Hamlin checks into 505 Worlds with classy crew
When up to a hundred doublehanded dinghies converge on San Francisco Bay next week for the 2009 SAP 505 World Championship sponsored by SAP and APL and hosted by the St. Francis Yacht Club, one team will rate somewhere between a favorite and an enigma.
The skipper—Howard Hamlin of Long Beach, Calif.—won it all in 1999 and has finished second five times and third twice since, but for the class’s 54th Worlds he’ll be breaking in new crew. With his regular, Andy Zinn, unavailable because of a business commitment, Hamlin went for local talent.

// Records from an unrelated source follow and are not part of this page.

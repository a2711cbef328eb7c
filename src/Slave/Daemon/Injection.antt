-- ===== src/Slave/Daemon/Injection.antt =====
-- One iteration of the master with one slave, from end to end: the order of slg_master.c, the daemon of
-- slg.c that plays it, and its response, read by slg_master.c.
use slg.Base.{ℕ, ◌≤◌, ◌≡◌, ◌≢◌, List, true, arith}
use slg.Base.Outcome.{ok}
use slg.Protocol.Order.{Order, Parameters}
use slg.Protocol.Response.{Report}
use slg.Slave.{System}
use slg.Slave.Totals.{check_parameters, compute_stats}
use slg.Slave.Daemon.{Daemon, OrderAnswers, report_of}

-- What `check_parameters` lets through.
abbrev pub IsPlayable : Parameters → Type 0
IsPlayable p =
    (p.nb_clients ≤ 1024) × (p.port ≢ 0) × (p.duration ≢ 0) × (p.nb_msg_per_connection ≢ 0)

checked :
    (p : Parameters)
    → IsPlayable p
    → check_parameters p.nb_clients p.port p.duration p.nb_msg_per_connection ≡ ok true
unfolding check_parameters
checked p h = ground (arith, h)

module _ {ℓ κ} {LongDouble : Type ℓ} {Double : Type κ} (average : ℕ → ℕ → LongDouble)
    (print_lf : LongDouble → List ℕ) (atof : List ℕ → Double) where
  -- The report of the run that ended in `t`.
  abbrev pub report : OrderAnswers → System → Report LongDouble
  report a t =
      report_of average print_lf a.start_time a.stop_time
        (compute_stats t.config.nb_clients t.all_clients t.stats)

First he asked Morgan Larson, who won the Worlds at nearby Santa Cruz in 2004, but Larson declined and suggested a buddy by the name of, uh—oh, yeah, Paul Cayard.
Hamlin fired off an e-mail to this guy Cayard and received a quick response: “I’d love to. What are the dates?”
Cayard’s only concern was that “I don’t want to hold you back.”
After all, Cayard is 50 now, although he is six years younger than the skipper. On the other hand, they have been hitting the gym hard lately.
“This is my next anti-aging prescription,” Cayard said. “The first dose was the Olympics at 45.”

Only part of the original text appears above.